# Cats wont go to the toilet outside



## maxwellmollyfifi (Oct 15, 2008)

Hi, I have two cats. Molly is about 8 and was a rescue cat (she was kept in a kennel for maybe a year) and we have just got Fifi who is around 3 months old now.

My problem is that neither of them will go to the toilet outside. Molly has never really been one for going out, i think she was bullied by a boy cat and so is now scared, although she does go to the end of the garden a few times a day. Fifi has been going up to the end of the garden for around two weeks now (we haven't had her long so she hasnt been allowed out)

They both go outside for a walk and for some fresh air, but will come back inside to wee/poo. Molly has always gone to the toilet in the litter tray, and we assumed it was because she was just so used to it with her being so used to the kennel. Fifi on the other hand used to go outside to go to the toilet at her old house, and it just seems that she now goes in the litter tray because she can.

There is a cat flap that is always open and there is the back door that is usually open for them to go out when someone is in. So they know that they can go out, and they do. But they come back in to wee/poo!

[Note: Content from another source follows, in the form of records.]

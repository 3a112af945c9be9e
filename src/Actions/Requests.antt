-- ===== src/Actions/Requests.antt =====
-- `ActionLifecycleService` of backend/app/action_engine/service.py: what a requester does with an own
-- action request. Here: its errors, its surroundings, and what it answers.
pub mod Expire
pub mod Submit
pub mod Cancel
pub mod Changes
pub mod Refines
use queryops_ai.Prelude.{
  ℕ, String, Bool, true, false, not, Option, none, some, List, [], ◌∷◌, ◌==◌, if◌then◌else◌, leb,
}
use queryops_ai.Prelude.Uuid.{Uuid, uuid_str}
use queryops_ai.Prelude.Json
use queryops_ai.Prelude.Json.{Json, Items}
use queryops_ai.Prelude.Sorting.{sort_by, str_le, distinct}
use queryops_ai.Auth.Context.{UserAccessContext, has_permission}
use queryops_ai.Actions.Rows.{
  ActionRequest, ApprovalRequest, ActionStatus, ActionType, Tables, type_value, status_value,
  approval_value,
}
use queryops_ai.Actions.Notifications.{optional_id, optional_text, optional_time}
use queryops_ai.Actions.Session.{Session}
use queryops_ai.Actions.Lifecycle.Base.{
  Outcome, returned, raised, crashed, ServiceError, passed, links_to,
}

abbrev pub request_not_found : ServiceError
request_not_found = record {
  code = "ACTION_REQUEST_NOT_FOUND";
  message = "Action request was not found.";
  status_code = 404;
}

abbrev pub conflict : String → ServiceError
conflict message = record {
  code = "ACTION_ALREADY_PROCESSED";
  message = message;
  status_code = 409;
}

abbrev pub type_not_supported : ServiceError
type_not_supported = record {
  code = "ACTION_TYPE_NOT_SUPPORTED";
  message = "The requested action type is not available.";
  status_code = 422;
}

abbrev pub preview_unavailable : ServiceError
preview_unavailable = record {
  code = "ACTION_PREVIEW_UNAVAILABLE";
  message = "The stored action preview is unavailable.";
  status_code = 409;
}

abbrev pub not_eligible : ServiceError
not_eligible = record {
  code = "ACTION_NOT_ELIGIBLE";
  message = "The action preview contains no eligible records.";
  status_code = 422;
}

abbrev pub cannot_be_cancelled : ServiceError
cannot_be_cancelled = record {
  code = "ACTION_CANNOT_BE_CANCELLED";
  message = "The action request can no longer be cancelled.";
  status_code = 409;
}

-- What the service uses: whether a type has a handler, the check and the safe views of a stored
-- preview (preview.py), the name of the action's scope, and what other transactions commit while a
-- failed submission has given up its lock. `iso` prints instants.
pub record Surroundings (D : Type 0) : Type 0 where
  pub is_registered : ActionType → Bool
  pub validates : ActionRequest → Bool
  pub safe_preview : ActionRequest → Json
  pub policy_details : ActionRequest → Json
  pub scope_name : ActionRequest → Option String
  pub meanwhile : Tables D → Tables D
  pub iso : ℕ → String

-- `_serialize_action_request`, without the columns that the database fills in itself.
pub record ActionReply : Type 0 where
  pub action_request_id : String
  pub action_type : String
  pub status : String
  pub priority : String
  pub scope : Json
  pub preview : Json
  pub generated_at : Json
  pub preview_expires_at : Json
  pub expires_at : Json
  pub requires_admin : Bool
  pub is_expired : Bool
  pub submitted_at : Json
  pub reason : Json
  pub policy_details : Option Json
  pub approval : Json

-- The deadline that counts in the status.
abbrev pub deadline_in : ActionStatus → ActionRequest → Option ℕ
deadline_in ActionStatus.draft_preview a = a.preview_expires_at
deadline_in _ a = a.expires_at

module _ {D : Type 0} (around : Surroundings D) where
  abbrev pub approval_json : ApprovalRequest → Json
  approval_json p = Json.obj (
      Json.field "id" (Json.str (uuid_str p.id)) (
        Json.field "status" (Json.str (approval_value p.status)) (
          Json.field "required_approver_role" (optional_text p.required_approver_role)
            (Json.field "expires_at" (optional_time around.iso p.expires_at) Json.end))))

  abbrev pub action_reply : Bool → ActionRequest → ℕ → ApprovalRequest → ActionReply
  action_reply include_policy_details a now p = record {
    action_request_id = uuid_str a.id;
    action_type = type_value a.action_type;
    status = status_value a.status;
    priority = a.priority;
    scope = Json.obj (
        Json.field "id" (optional_id a.scope_id) (
          Json.field "type" (optional_text a.scope_type) (
            Json.field "key" (optional_text a.scope_key)
              (Json.field "display_name" (optional_text (around.scope_name a)) Json.end))));
    preview = around.safe_preview a;
    generated_at = optional_time around.iso a.preview_generated_at;
    preview_expires_at = optional_time around.iso a.preview_expires_at;
    expires_at = optional_time around.iso (deadline_in a.status a);
    requires_admin = a.requires_admin;
    is_expired = passed (deadline_in a.status a) now;
    submitted_at = optional_time around.iso a.submitted_at;
    reason = optional_text a.reason;
    policy_details = if include_policy_details then some (around.policy_details a) else none;
    approval = approval_json p;
  }

  -- With the reason and the approval. A stored preview that does not pass the check raises.
  unfoldable pub serialize :
      UserAccessContext
      → ActionRequest
      → ℕ
      → ApprovalRequest
      → Session D
      → Outcome ActionReply × Session D
  serialize context a now p s =
      if around.validates a
      then (returned (action_reply (has_permission context "can_view_sql") a now p), s)
      else (crashed, s)

-- The first of the rows under these keys that names the action. The column is UNIQUE.
pub approval_among : (Uuid → Option ApprovalRequest) → Uuid → List Uuid → Option ApprovalRequest
approval_among rows i [] = none
approval_among rows i (k ∷ ks) =
    let rest = approval_among rows i ks in
    elim (rows k) [ none ↦ rest | some p ↦ if links_to p.action_request_id i then some p else rest ]

-- `action_request.approval_request`
unfoldable pub approval_of : {D : Type 0} → Tables D → ActionRequest → Option ApprovalRequest
unfolding approval_among
approval_of t a = approval_among t.approvals a.id t.approval_keys

-- The row with this id, if it is the user's own.
abbrev pub own : Uuid → Option ActionRequest → Option ActionRequest
own user_id none = none
own user_id (some a) = if a.requested_by_app_user_id == user_id then some a else none

-- `_owned_action_for_update` and `_owned_action`. The first locks the row until the transaction ends.
unfoldable pub owned_action : {D : Type 0} → Tables D → Uuid → Uuid → Option ActionRequest
owned_action t id user_id = own user_id (t.actions id)

-- `flag["code"]` of each flag that is a dict with a text there
pub flag_codes : Items → List String
flag_codes Json.nil = []
flag_codes (Json.cons (Json.obj fs) rest) = elim (Json.get fs "code") [
  | Json.str s ↦ s ∷ flag_codes rest
  | _ ↦ flag_codes rest
]
flag_codes (Json.cons _ rest) = flag_codes rest

abbrev codes_of_flags : Json → List String
codes_of_flags (Json.arr flags) = sort_by str_le (distinct (flag_codes flags))
codes_of_flags _ = []

abbrev codes_in : Json → List String
codes_in (Json.obj policy) = codes_of_flags (Json.get policy "flags")
codes_in _ = []

-- `_policy_flag_codes`
unfoldable pub policy_flag_codes : ActionRequest → List String
unfolding flag_codes
policy_flag_codes a = codes_in a.policy_flags_json

-- A list of texts as JSON.
pub texts_json : List String → Items
texts_json [] = Json.nil
texts_json (x ∷ xs) = Json.cons (Json.str x) (texts_json xs)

Is there any way i can train them both to go in the garden?


----------



## Guest (Oct 15, 2008)

maxwellmollyfifi said:


> Hi, I have two cats. Molly is about 8 and was a rescue cat (she was kept in a kennel for maybe a year) and we have just got Fifi who is around 3 months old now.
> 
> My problem is that neither of them will go to the toilet outside. Molly has never really been one for going out, i think she was bullied by a boy cat and so is now scared, although she does go to the end of the garden a few times a day. Fifi has been going up to the end of the garden for around two weeks now (we haven't had her long so she hasnt been allowed out)
> 
> ...


Why do you want them to go in the garden? cats bury their dump. You will be forever and a day trying to find the dump to clean up. Also they could well go and dump in a neighbours garden. I much prefer my cats doing their ablutions in their litter tray.


----------



## Guest (Oct 15, 2008)

mrsdusty said:


> Why do you want them to go in the garden? cats bury their dump. You will be forever and a day trying to find the dump to clean up. Also they could well go and dump in a neighbours garden. I much prefer my cats doing their ablutions in their litter tray.


I agree actually - it is also a good health indicator too as you can keep an eye on their poos and make sure they look as they should!!!

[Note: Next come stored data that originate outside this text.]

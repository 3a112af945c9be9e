-- ===== src/Actions/Lifecycle/Refines/Answers.antt =====
-- What an answer of `approve` says of the tables.
use queryops_ai.Prelude.{String, Bool, true, false, Option, none, some, if◌then◌else◌, ◌≡◌, refl}
use queryops_ai.Actions.Rows.{status_value, Tables}
use queryops_ai.Actions.Session.{Session}
use queryops_ai.Actions.Lifecycle.Base.{Outcome, returned, crashed, raised}
use queryops_ai.Actions.Lifecycle.Approve.{Attempt, settled, broke, or_broke, ApproveReply}
use queryops_ai.Actions.Lifecycle.Steps.{action_after, Step, Moves}

-- What others can see is what the answer says: a reply names the status that the one decision gave
-- the action; without a reply there is at most one decision.
abbrev pub Told : {D : Type 0} → Tables D → Outcome ApproveReply → Session D → Type 0
Told b (returned r) s =
    (after : Tables _) × (step : Step b after) × (s.saved ≡ after)
    × (r.status ≡ status_value (action_after step.verdict))
Told b (raised e) s = Moves b s
Told b crashed s = Moves b s

-- The attempt settles with such an answer, or breaks and leaves what others can see.
abbrev pub Keeps : {D : Type 0} → Tables D → Attempt D → Type 0
Keeps b (settled outcome s) = Told b outcome s
Keeps b (broke _ s) = s.saved ≡ b

pub or_broke-Keeps :
    {D X : Type 0} (b : Tables D) (x : Option X) (category : String) (s : Session D)
    (next : X → Attempt D)
    → s.saved ≡ b
    → ((v : X) → x ≡ some v → Keeps b (next v))
    → Keeps b (or_broke x category s next)
or_broke-Keeps b none category s next here h = here
or_broke-Keeps b (some v) category s next here h = h v refl

pub Keeps-if :
    {D : Type 0} (b : Tables D) (test : Bool) (x y : Attempt D)
    → (test ≡ true → Keeps b x)
    → (test ≡ false → Keeps b y)
    → Keeps b (if test then x else y)
Keeps-if b true x y hx hy = hx refl
Keeps-if b false x y hx hy = hy refl
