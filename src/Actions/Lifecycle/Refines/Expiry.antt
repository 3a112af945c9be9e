-- ===== src/Actions/Lifecycle/Refines/Expiry.antt =====
-- `_expire_one`
use queryops_ai.Prelude.{
  ℕ, Bool, true, false, ◌&&◌, List, [], ◌∷◌, ◌++◌, if◌then◌else◌, ◌≡◌, refl, inl, inr, arith,
  Bool-cases,
}
use queryops_ai.Auth.Permissions.{AppUser}
use queryops_ai.Actions.Rows.{ActionRequest, ApprovalRequest, Tables}
use queryops_ai.Actions.Session.{start, rollback, put}
use queryops_ai.Actions.Lifecycle.Base.{returned, passed, commit_or_fail}
use queryops_ai.Actions.Lifecycle.Expire.{
  expire_one, expired_action, expired_approval, expiry_audit,
}
use queryops_ai.Actions.Lifecycle.Refines.Locks.{commit_or_fail-Moves}
use queryops_ai.Actions.Lifecycle.Steps.{Verdict, IsPendingPair, Step, Moves, put-put}

module _ {D : Type 0} (actor : AppUser) (a : ActionRequest) (p : ApprovalRequest) (now : ℕ)
    (t : Tables D) where
  -- The tables after an expiry.
  abbrev pub expired_tables : Tables D
  expired_tables = record t {
    actions = put (put t.actions a.id (expired_action a)) a.id (expired_action a);
    approvals = put (put t.approvals p.id (expired_approval now p)) p.id (expired_approval now p);
    audits = t.audits ++ expiry_audit actor (expired_action a) (expired_approval now p) ∷ [];
  }

  module _ (before : IsPendingPair t a p) where
    pub expired_tables-Step : Step t expired_tables
    expired_tables-Step = record {
      verdict = Verdict.expire;
      a = a;
      a' = expired_action a;
      p = p;
      p' = expired_approval now p;
      before = before;
      same_action = refl;
      same_approval = refl;
      same_link = refl;
      action_status = refl;
      approval_status = refl;
      actions = λ j. put-put t.actions a.id (expired_action a) (expired_action a) j;
      approvals = λ j. put-put t.approvals p.id (expired_approval now p) (expired_approval now p) j;
      keys = refl;
      logs = expiry_audit actor (expired_action a) (expired_approval now p) ∷ [];
      audited = refl;
      audit_count = refl;
      domain = inr refl;
    }

    -- A pending pair is expired only if both of its rows are over time. A pending pair of which
    -- one row still has time is left as it is, and the caller is told that nothing was changed.
    pub expire_one_lem :
        (commits : List Bool)
        → expire_one actor a p now (start t commits) ≡ (
            if passed a.expires_at now && passed p.expires_at now
            then commit_or_fail "The expired approval could not be updated safely." true
                (record { saved = t; working = expired_tables; commits = commits })
            else (returned false, start t commits))
    unfolding expire_one rollback
    expire_one_lem commits = ground (
      arith, before.pair.found_action, before.pair.found_approval, before.pair.linked,
      before.action_pending, before.approval_pending,
    )

    -- An expiry refines the state machine, whether its commit succeeds or not.
    pub expire_one-Moves :
        (commits : List Bool) → Moves t (expire_one actor a p now (start t commits)).1
    expire_one-Moves commits =
        rw expire_one_lem (elim (Bool-cases (passed a.expires_at now && passed p.expires_at now)) [
          | inl over ↦
              rw over (commit_or_fail-Moves _ true t expired_tables commits expired_tables-Step)
          | inr ahead ↦ rw ahead (inl refl)
        ])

I have got so used to scooping litter trays that it doesn't really phase me now!


----------



## maxwellmollyfifi (Oct 15, 2008)

My cats that i had before always went outside, i guess thats just what i consdier normal now. Also it doesnt smell when its outside!!

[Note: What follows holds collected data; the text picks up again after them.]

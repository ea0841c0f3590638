-- ===== src/Service/New/Agree.antt =====
-- The parts that `NewServices` makes fit together.
use tx_xrpl_token_migrator.Base.{
  ℕ, ◌≡◌, refl, ap, sym, subst, ◌∙◌, Bool, some, List, [], ◌∷◌, map, All,
}
use tx_xrpl_token_migrator.Base.Str.{Str, codes}
use tx_xrpl_token_migrator.Base.Go.{Go, ok, err, panics, >>=-eq-ok, >>=-ok, ok_injective}
use tx_xrpl_token_migrator.Sdk.{Sdk, Address}
use tx_xrpl_token_migrator.Ripple.{Ripple}
use tx_xrpl_token_migrator.Xrpl.Rpc.Call.{wrap_err, wrap_err-eq-ok}
use tx_xrpl_token_migrator.Tx.Contract.Types.{
  Config, ContractClientConfig, default_contract_client_config,
}
use tx_xrpl_token_migrator.Tx.Contract.Query.{get_contract_config}
use tx_xrpl_token_migrator.Audit.Types.{XrplTokenConfig, AuditorConfig}
use tx_xrpl_token_migrator.Watcher.{ConfigWatcher, initialize}
use tx_xrpl_token_migrator.Cli.Settings.{ServicesConfig}
use tx_xrpl_token_migrator.Service.{create_finders_and_audit_config}
use tx_xrpl_token_migrator.Service.Tokens.{
  audited, finder_multiplier, token_multiplier, finders_audited,
}
use tx_xrpl_token_migrator.Service.Clients.{
  Network, World, Context, build_tx_client_context, contract_address_of,
}
use tx_xrpl_token_migrator.Service.New.Alike.{IsSetUp, tokens_alike}
use tx_xrpl_token_migrator.Service.New.{
  Services, Auditor, audit_tokens, new_auditor, sender_address_of, keyring_of, initialized,
  settings_of, services_from, wire_services, new_services, FinderConfig,
}

module _ (R : Ripple) (S : Sdk) (W : World) where
  initialized_version :
      (answer : Go Config) (w : ConfigWatcher)
      → initialized R S W answer ≡ ok w
      → (config : Config) × (answer ≡ ok config) × (w.current_version ≡ config.version)
  unfolding initialized initialize
  initialized_version (ok config) w h =
      (config, refl, ap (λ (z : ConfigWatcher). z.current_version) (sym (ok_injective h)))
  initialized_version (err e) w h = cc
  initialized_version panics w h = cc

  -- What the auditor is made from.
  record IsAudit (cfg : ServicesConfig) (denom : Str) (contract_address : Address) (config : Config)
      (a : AuditorConfig) : Type 0 where
    pub tokens : audit_tokens R S W config.xrpl_tokens ≡ ok a.xrpl_tokens
    pub address : a.contract_address ≡ S.address_string contract_address
    pub same_denom : a.tx_denom ≡ denom
    pub decimals : a.tx_decimals ≡ 6
    pub memo_suffix : a.xrpl_memo_suffix ≡ cfg.xrpl_memo_suffix

  auditor_made :
      (n : ℕ) (cfg : ServicesConfig) (kr : W.Keyring) (auditor : Auditor) (network : Network)
      (contract_address : Address) (ctx : Context S W)
      → new_auditor R S W n cfg kr ≡ ok auditor
      → W.network_config_by_chain_id cfg.tx_chain_id ≡ ok network
      → contract_address_of S W cfg ≡ ok contract_address
      → build_tx_client_context S W cfg kr ≡ ok ctx
      → (config : Config) × (get_contract_config S
            (W.chain ctx n)
            (default_contract_client_config (some contract_address) network.denom)
          ≡ ok config)
        × IsAudit cfg network.denom contract_address config auditor.cfg
  unfolding new_auditor
  auditor_made n cfg kr auditor network contract_address ctx h net at_address connection =
      let (u, registered, h1) = >>=-eq-ok W.register_metrics _ h in
      let h2 = >>=-ok _ connection (>>=-ok _ at_address (>>=-ok _ net h1)) in
      let client_cfg = default_contract_client_config (some contract_address) network.denom in
      let (config, asked, h3) =
        >>=-eq-ok
          (wrap_err (codes "failed to query contract config")
            (get_contract_config S (W.chain ctx n) client_cfg))
          _ h2 in
      let (tokens, read, made) = >>=-eq-ok (audit_tokens R S W config.xrpl_tokens) _ h3 in
      let e = ok_injective made in
      (
        config,
        wrap_err-eq-ok (codes "failed to query contract config") _ asked,
        record {
          tokens = read ∙ ap (λ (a : Auditor). ok a.cfg.xrpl_tokens) e;
          address = ap (λ (a : Auditor). a.cfg.contract_address) (sym e);
          same_denom = ap (λ (a : Auditor). a.cfg.tx_denom) (sym e);
          decimals = ap (λ (a : Auditor). a.cfg.tx_decimals) (sym e);
          memo_suffix = ap (λ (a : Auditor). a.cfg.xrpl_memo_suffix) (sym e);
        },
      )

  -- The parts of the relayer fit together.
  pub record AreAgreed (services : Services S W) : Type 0 where
    pub contract_cfg : Config
    pub asked :
        get_contract_config S
          (W.chain services.tx_contract_client.client_ctx 0)
          services.tx_contract_client.cfg
        ≡ ok contract_cfg
    pub watched : services.config_watcher.current_version ≡ contract_cfg.version
    pub same_tokens : services.auditor.cfg.xrpl_tokens ≡ map audited services.finders
    pub same_multipliers :
        map finder_multiplier services.finders ≡ map token_multiplier contract_cfg.xrpl_tokens
    pub same_contract :
        (address : Address) × (services.tx_contract_client.cfg.contract_address ≡ some address)
        × (services.auditor.cfg.contract_address ≡ S.address_string address)
    pub same_settings :
        All
          (λ f.
            (f.xrpl_memo_suffix ≡ services.auditor.cfg.xrpl_memo_suffix)
            × (f.tx_denom ≡ services.auditor.cfg.tx_denom)
            × (f.tx_decimals ≡ services.auditor.cfg.tx_decimals))
          services.finders

  settled_finders :
      (cfg : ServicesConfig) (denom : Str) (finders : List FinderConfig) (a : AuditorConfig)
      → All (IsSetUp (settings_of R S W cfg denom)) finders
      → a.xrpl_memo_suffix ≡ cfg.xrpl_memo_suffix
      → a.tx_denom ≡ denom
      → a.tx_decimals ≡ 6
      → All
          (λ f.
            (f.xrpl_memo_suffix ≡ a.xrpl_memo_suffix)
            × (f.tx_denom ≡ a.tx_denom)
            × (f.tx_decimals ≡ a.tx_decimals))
          finders
  settled_finders cfg denom [] a set suffix d n = tt
  settled_finders cfg denom (f ∷ finders) a (one, set) suffix d n = (
    (one.memo_suffix ∙ sym suffix, one.denom ∙ sym d, one.decimals ∙ sym n),
    settled_finders cfg denom finders a set suffix d n,
  )

  same_answer :
      (ctx : Context S W) (client_cfg : ContractClientConfig) (n : ℕ) {config other : Config}
      → ((ctx : Context S W) (n : ℕ) → W.chain ctx n ≡ W.chain ctx 0)
      → get_contract_config S (W.chain ctx 0) client_cfg ≡ ok config
      → get_contract_config S (W.chain ctx n) client_cfg ≡ ok other
      → other ≡ config
  same_answer ctx client_cfg n unchanged h h' =
      ok_injective (sym h' ∙ (ap (λ C. get_contract_config S C client_cfg) (unchanged ctx n) ∙ h))

  -- The parts fit together if all three queries had the same answer.
  parts_agree :
      (cfg : ServicesConfig) (denom : Str) (sender contract_address : Address) (ctx : Context S W)
      (config : Config) (finders : List FinderConfig) (audits : List XrplTokenConfig)
      (watcher : ConfigWatcher) (auditor : Auditor)
      → get_contract_config S
          (W.chain ctx 0)
          (default_contract_client_config (some contract_address) denom)
        ≡ ok config
      → create_finders_and_audit_config R (settings_of R S W cfg denom) config.xrpl_tokens
        ≡ ok (finders, audits)
      → watcher.current_version ≡ config.version
      → IsAudit cfg denom contract_address config auditor.cfg
      → AreAgreed
          (services_from R S W cfg denom sender contract_address ctx finders watcher auditor)
  unfolding services_from
  parts_agree cfg denom sender contract_address ctx config finders audits watcher auditor asked
        created watched audit =
      let (settings, alike) = tokens_alike R S W _ config.xrpl_tokens finders audits created in
      let (same, kept) = finders_audited R _ config.xrpl_tokens finders audits created in
      record {
        contract_cfg = config;
        asked = asked;
        watched = watched;
        same_tokens = ok_injective (sym audit.tokens ∙ alike) ∙ same;
        same_multipliers = kept;
        same_contract = (contract_address, refl, audit.address);
        same_settings =
            settled_finders cfg denom finders auditor.cfg settings audit.memo_suffix
              audit.same_denom audit.decimals;
      }

  wired_agree :
      (cfg : ServicesConfig) (kr : W.Keyring) (network : Network)
      (sender contract_address : Address) (ctx : Context S W) (services : Services S W)
      → ((ctx : Context S W) (n : ℕ) → W.chain ctx n ≡ W.chain ctx 0)
      → W.network_config_by_chain_id cfg.tx_chain_id ≡ ok network
      → contract_address_of S W cfg ≡ ok contract_address
      → build_tx_client_context S W cfg kr ≡ ok ctx
      → wire_services R S W cfg kr network.denom sender contract_address ctx ≡ ok services
      → AreAgreed services
  unfolding wire_services
  wired_agree cfg kr network sender contract_address ctx services unchanged net at_address
        connection h =
      let client_cfg = default_contract_client_config (some contract_address) network.denom in
      let (config, asked, h1) =
        >>=-eq-ok
          (wrap_err (codes "failed to query initial contract config")
            (get_contract_config S (W.chain ctx 0) client_cfg))
          _ h in
      let ((finders, audits), created, h2) =
        >>=-eq-ok
          (wrap_err (codes "failed to create finders") (
            create_finders_and_audit_config R (settings_of R S W cfg network.denom)
              config.xrpl_tokens))
          _ h1 in
      let (watcher, started, h3) =
        >>=-eq-ok
          (wrap_err (codes "failed to initialize config watcher")
            (initialized R S W (get_contract_config S (W.chain ctx 1) client_cfg)))
          _ h2 in
      let (auditor, audit_made, h4) =
        >>=-eq-ok (wrap_err (codes "failed to create auditor") (new_auditor R S W 2 cfg kr)) _ h3 in
      let first = wrap_err-eq-ok (codes "failed to query initial contract config") _ asked in
      let (config1, asked1, version) =
        initialized_version _ watcher
          (wrap_err-eq-ok (codes "failed to initialize config watcher") _ started) in
      let (config2, asked2, audit) =
        auditor_made 2 cfg kr auditor network contract_address ctx
          (wrap_err-eq-ok (codes "failed to create auditor") _ audit_made) net at_address
          connection in
      let same1 : config1 ≡ config = same_answer ctx client_cfg 1 unchanged first asked1 in
      let same2 : config2 ≡ config = same_answer ctx client_cfg 2 unchanged first asked2 in
      subst AreAgreed (ok_injective h4) (
        parts_agree cfg network.denom sender contract_address ctx config finders audits watcher
          auditor first (wrap_err-eq-ok (codes "failed to create finders") _ created)
          (version ∙ ap (λ (c : Config). c.version) same1)
          (subst (λ c. IsAudit cfg network.denom contract_address c auditor.cfg) same2 audit))

  -- Where the contract answers all queries alike while `NewServices` makes the parts of the relayer,
  -- they fit together: the version that is watched is that of the configuration whose tokens the
  -- finders look for; the auditor has the same tokens in the same order, with the multipliers of the
  -- contract, and the address that the client sends to; and the finders use the denomination, the
  -- decimals and the memo suffix of the auditor.
  pub services_agree :
      (cfg : ServicesConfig) (kr : W.Keyring) (use_in_memory_kr : Bool) (services : Services S W)
      → ((ctx : Context S W) (n : ℕ) → W.chain ctx n ≡ W.chain ctx 0)
      → new_services R S W cfg kr use_in_memory_kr ≡ ok services
      → AreAgreed services
  unfolding new_services
  services_agree cfg kr use_in_memory_kr services unchanged h =
      let (u, registered, h1) = >>=-eq-ok W.register_metrics _ h in
      let (network, net, h2) = >>=-eq-ok (W.network_config_by_chain_id cfg.tx_chain_id) _ h1 in
      let (sender, from, h3) = >>=-eq-ok (sender_address_of R S W cfg) _ h2 in
      let (kr', keys, h4) = >>=-eq-ok (keyring_of R S W use_in_memory_kr sender kr) _ h3 in
      let (contract_address, at_address, h5) = >>=-eq-ok (contract_address_of S W cfg) _ h4 in
      let (ctx, connection, h6) = >>=-eq-ok (build_tx_client_context S W cfg kr') _ h5 in
      wired_agree cfg kr' network sender contract_address ctx services unchanged net at_address
        connection h6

I dont mind having it in the gargen, as its buried and therefor not causing me any problems.


----------



## LousKoonz (Feb 9, 2008)

They'll eventually start going outside - can't get my 2 neuter moggys to use the litter trays these days so good thing i have a cat proof fenced garden  xx


----------



## Guest (Oct 15, 2008)

maxwellmollyfifi said:


> My cats that i had before always went outside, i guess thats just what i consdier normal now. Also it doesnt smell when its outside!!
> 
> I dont mind having it in the gargen, as its buried and therefor not causing me any problems.


I guess it is what you are used to! Have you tried moving the litter trays outside or having a spare one outside to get them used to it?? They might start using the trays outside and then gradually go where you want them to.

I have one moggie who does jump out of the window to do a wee and literally flies back in again!!! She will use the litter tray for her poos though!


----------



## maxwellmollyfifi (Oct 15, 2008)

ill try with the litter tray outside, will have to try and make a little shelter for it so the litter doesnt get wet in the rain lol. just seems strange that fifi now will play outside, come in to wee/poo the return outside to play lol


----------



## Guest (Oct 15, 2008)

maxwellmollyfifi said:


> ill try with the litter tray outside, will have to try and make a little shelter for it so the litter doesnt get wet in the rain lol. just seems strange that fifi now will play outside, come in to wee/poo the return outside to play lol


You could try a litter tray with a hood, let them use it inside so it has their scent and then move it outside. I did that once many moons ago with another moggie I had but they just used to sit inside it like a little house! Soon got the idea though!


----------



## Guest (Oct 15, 2008)

I enjoy looking after my garden and when weeding I don't wanna be uncovering some hidden cat dump ewwww


----------



## maxwellmollyfifi (Oct 15, 2008)

surly its good for your flowers lol


----------



## LousKoonz (Feb 9, 2008)

maxwellmollyfifi said:


> surly its good for your flowers lol


depends what you feed them i suppose lol xx i should think my moggys would kill flowers as all they'll eat is felix - but the ones that like proper meat it may not be so bad LOL xx

my mogs used to come in to pee and poop - they stopped after a while of their own accord lol xx


----------